Correlation Between Daesung Hi-Tech and Inzi Display
Can any of the company-specific risk be diversified away by investing in both Daesung Hi-Tech and Inzi Display at the same time? Although using a correlation coefficient on its own may not help to predict future stock returns, this module helps to understand the diversifiable risk of combining Daesung Hi-Tech and Inzi Display into the same portfolio, which is an essential part of the fundamental portfolio management process.
By analyzing existing cross correlation between Daesung Hi Tech Co and Inzi Display CoLtd, you can compare the effects of market volatilities on Daesung Hi-Tech and Inzi Display and check how they will diversify away market risk if combined in the same portfolio for a given time horizon. You can also utilize pair trading strategies of matching a long position in Daesung Hi-Tech with a short position of Inzi Display. Check out your portfolio center. Please also check ongoing floating volatility patterns of Daesung Hi-Tech and Inzi Display.
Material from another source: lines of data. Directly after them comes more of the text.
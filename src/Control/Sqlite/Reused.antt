-- ===== src/Control/Sqlite/Reused.antt =====
-- A command whose id the journal already has.
use geopilot_hvac.Prelude.{
  subst, ℕ, ◌≡◌, refl, sym, ap, ◌∙◌, arith, true, false, ◌⊎◌, Bool-cases, Option-cases, inl, inr,
  Option, none, some, [], ◌∷◌, ◌++◌, Text, Result, ok, err, if◌then◌else◌,
}
use geopilot_hvac.Prelude.Exec.{Exec, bind}
use geopilot_hvac.Datetime.{Datetime, is_aware}
use geopilot_hvac.Modbus.Write.{
  CoilWriteRequest, CoilWriteResponse, WriteFault, write_error, boundary, other_fault,
}
use geopilot_hvac.Control.Policy.{ControlTarget, ControlPolicy, find_target}
use geopilot_hvac.Control.Record.{
  CommandRequest, CommandRecord, CommandStatus, Detail, applied, failed, refused, empty_detail,
  write_failed, rate_limited, unknown_target, no_transport, control_disabled,
}
use geopilot_hvac.Control.Guard.{
  ControlService, State, Fault, remember, recalled, issue, send, conclude, remaining, limited,
  permitted, targeted, execute, record_outcome, record_of, issued_record,
}
use geopilot_hvac.Control.Guard
use geopilot_hvac.Control.Memory.{Records}
use geopilot_hvac.Control.Sqlite.{has_command, insert_or_ignore, append, sqlite_journal}
use geopilot_hvac.Prelude.Int.{ℤ}
use geopilot_hvac.Prelude.{◌+◌}

append_known :
    (r : CommandRecord) (rows : Records)
    → has_command r.command_id rows ≡ true
    → (append r rows).1 ≡ rows
unfolding append insert_or_ignore
append_known r rows known = ground (arith, known)

has_command_more :
    (id : Text) (rows more : Records)
    → has_command id rows ≡ true
    → has_command id (rows ++ more) ≡ true
unfolding has_command
has_command_more id [] more h = cc h
has_command_more id (r ∷ rows) more h = ground (arith, has_command_more id rows more)

-- The service on a SQLite journal.
abbrev pub sqlite_service :
    {B : Type 0}
    → ControlPolicy
    → Option (CoilWriteRequest → Exec B WriteFault CoilWriteResponse)
    → (ℕ → Datetime)
    → ControlService Records B
sqlite_service policy write_coil clock = record {
  policy = policy;
  write_coil = write_coil;
  journal = sqlite_journal;
  clock = clock;
}

-- The journal is as it was, or has the intent besides.
abbrev pub IsSwallowed : CommandRequest → Datetime → Records → Records → Type 0
IsSwallowed command now rows rows' =
    (rows' ≡ rows) ⊎ (rows' ≡ rows ++ issued_record command now ∷ [])

module _ {B : Type 0} (policy : ControlPolicy)
    (write_coil : Option (CoilWriteRequest → Exec B WriteFault CoilWriteResponse))
    (clock : ℕ → Datetime) where
  abbrev service : ControlService Records B
  service = sqlite_service policy write_coil clock

  record_outcome_known :
      (command : CommandRequest) (status : CommandStatus) (note : Detail) (now : Datetime)
      (s : State Records B)
      → has_command command.command_id s.journal ≡ true
      → (record_outcome service command status note now s).1.journal ≡ s.journal
  unfolding sqlite_journal append insert_or_ignore
  record_outcome_known command status note now s known = ground (arith, known)

  conclude_known :
      (command : CommandRequest) (target : ControlTarget) (now : Datetime)
      (w : Result WriteFault CoilWriteResponse) (s : State Records B)
      → has_command command.command_id s.journal ≡ true
      → (conclude service command target now w s).1.journal ≡ s.journal
  unfolding conclude
  conclude_known command target now (ok response) s known =
      record_outcome_known command applied empty_detail now _ known
  conclude_known command target now (err (write_error e)) s known =
      record_outcome_known command failed (write_failed e.code) now s known
  conclude_known command target now (err (boundary e)) s known = refl
  conclude_known command target now (err (other_fault e)) s known = refl

  send_known :
      (write : CoilWriteRequest → Exec B WriteFault CoilWriteResponse) (command : CommandRequest)
      (target : ControlTarget) (s : State Records B)
      → (send service write command target s).1.journal ≡ s.journal
  unfolding send
  send_known write command target s = ground arith

  remember_known : (t : Text) (s : State Records B) → (remember service t s).1.journal ≡ s.journal
  unfolding remember recalled sqlite_journal
  remember_known t s = ground arith

  -- what the intent makes of the journal
  intent_known :
      (command : CommandRequest) (now : Datetime) (s : State Records B)
      → has_command command.command_id s.journal ≡ true
      → let s' = (Guard.append service (issued_record command now) s).1 in
        IsSwallowed command now s.journal s'.journal
        × (has_command command.command_id s'.journal ≡ true)
  unfolding sqlite_journal append insert_or_ignore
  intent_known command now s known =
      let id = (issued_record command now).command_id in
      elim (Bool-cases (is_aware now)) [
        | inr naive ↦ rw (naive, append) (inl refl, known)
        | inl aware ↦ elim (Bool-cases (has_command id s.journal)) [
          | inl again ↦ rw (aware, again, append) (inl refl, known)
          | inr fresh ↦
              rw (aware, fresh, append)
                (
                  inr refl,
                  has_command_more command.command_id s.journal (issued_record command now ∷ [])
                      known,
                )
        ]
      ]

  -- what follows the intent leaves the journal alone
  after_intent :
      (write : CoilWriteRequest → Exec B WriteFault CoilWriteResponse) (command : CommandRequest)
      (target : ControlTarget) (now : Datetime) (rows : Records)
      (x : Result Fault (Unit {0}) × State Records B)
      → IsSwallowed command now rows x.1.journal
      → has_command command.command_id x.1.journal ≡ true
      → IsSwallowed command now rows
          (bind
            (λ _ s.
              let (r, s') = send service write command target s in
              conclude service command target now r s')
            x).1.journal
  after_intent write command target now rows (err e, s) swallowed known = swallowed
  after_intent write command target now rows (ok _, s) swallowed known =
      let sent = send_known write command target s in
      let (r, s') = send service write command target s in
      let kept : (conclude service command target now r s').1.journal ≡ s.journal =
        conclude_known command target now r s' (ap (has_command command.command_id) sent ∙ known)
        ∙ sent in
      subst (IsSwallowed command now rows) (sym kept) swallowed

  issue_known :
      (write : CoilWriteRequest → Exec B WriteFault CoilWriteResponse) (command : CommandRequest)
      (target : ControlTarget) (now : Datetime) (s : State Records B)
      → has_command command.command_id s.journal ≡ true
      → IsSwallowed command now s.journal (issue service write command target now s).1.journal
  unfolding issue
  issue_known write command target now s known =
      let (swallowed, still) = intent_known command now s known in
      after_intent write command target now s.journal
        (Guard.append service (issued_record command now) s) swallowed still

  limited_known :
      (write : CoilWriteRequest → Exec B WriteFault CoilWriteResponse) (command : CommandRequest)
      (target : ControlTarget) (now : Datetime) (s : State Records B)
      → has_command command.command_id s.journal ≡ true
      → IsSwallowed command now s.journal (limited service write command target now s).1.journal
  unfolding limited
  limited_known write command target now s known =
      let same = remember_known target.target_id s in
      let (previous, s') = remember service target.target_id s in
      let known' = ap (has_command command.command_id) same ∙ known in
      let swallowed : IsSwallowed command now s'.journal
          (limited service write command target now s).1.journal =
        elim (remaining target now previous)
          as (λ (o : Option ℤ).
            IsSwallowed command now s'.journal
              (let x : Result Fault CommandRecord × State Records B = elim o [
                | some left ↦ record_outcome service command refused (rate_limited left) now s'
                | none ↦ issue service write command target now s'
              ] in
                x).1.journal) [
                  | some left ↦
                      inl (record_outcome_known command refused (rate_limited left) now s' known')
                  | none ↦ issue_known write command target now s' known'
                ] in
      subst
        (λ (rows : Records).
          IsSwallowed command now rows (limited service write command target now s).1.journal)
        same swallowed

  permitted_known :
      (transport : Option (CoilWriteRequest → Exec B WriteFault CoilWriteResponse))
      (command : CommandRequest) (target : ControlTarget) (now : Datetime) (s : State Records B)
      → has_command command.command_id s.journal ≡ true
      → IsSwallowed command now s.journal
          (permitted service transport command target now s).1.journal
  unfolding permitted
  permitted_known none command target now s known =
      inl (record_outcome_known command failed no_transport now s known)
  permitted_known (some write) command target now s known =
      limited_known write command target now s known

  targeted_known :
      (command : CommandRequest) (now : Datetime) (s : State Records B)
      → has_command command.command_id s.journal ≡ true
      → IsSwallowed command now s.journal (targeted service command now s).1.journal
  unfolding targeted
  targeted_known command now s known =
      elim (Option-cases (find_target command.target_id policy.targets)) [
        | inl stranger ↦
            rw (stranger, targeted)
              (inl (record_outcome_known command refused unknown_target now s known))
        | inr (target, listed) ↦
            rw (listed, targeted) (permitted_known write_coil command target now s known)
      ]

  -- A command whose id the SQLite journal already has leaves the journal as it was, or adds its
  -- intent alone: whatever becomes of the command, its outcome is not stored.
  pub execute-IsSwallowed :
      (command : CommandRequest) (s : State Records B)
      → has_command command.command_id s.journal ≡ true
      → IsSwallowed command (clock s.ticks) s.journal (execute service command s).1.journal
  unfolding execute
  execute-IsSwallowed command s known =
      let now = clock s.ticks in
      let s1 = record s { ticks = s.ticks + 1 } in
      elim policy.enabled
        as (λ on.
          IsSwallowed command now s.journal
            ((if on
                then targeted service command now
                else record_outcome service command refused control_disabled now)
              s1).1.journal) [
                | true ↦ targeted_known command now s1 known
                | false ↦ inl (record_outcome_known command refused control_disabled now s1 known)
              ]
Diversification Opportunities for Daesung Hi-Tech and Inzi Display
0.86 | Correlation Coefficient |
Very poor diversification
The 3 months correlation between Daesung and Inzi is 0.86. Overlapping area represents the amount of risk that can be diversified away by holding Daesung Hi Tech Co and Inzi Display CoLtd in the same portfolio, assuming nothing else is changed. The correlation between historical prices or returns on Inzi Display CoLtd and Daesung Hi-Tech is a relative statistical measure of the degree to which these equity instruments tend to move together. The correlation coefficient measures the extent to which returns on Daesung Hi Tech Co are associated (or correlated) with Inzi Display. Values of the correlation coefficient range from -1 to +1, where. The correlation of zero (0) is possible when the price movement of Inzi Display CoLtd has no effect on the direction of Daesung Hi-Tech i.e., Daesung Hi-Tech and Inzi Display go up and down completely randomly.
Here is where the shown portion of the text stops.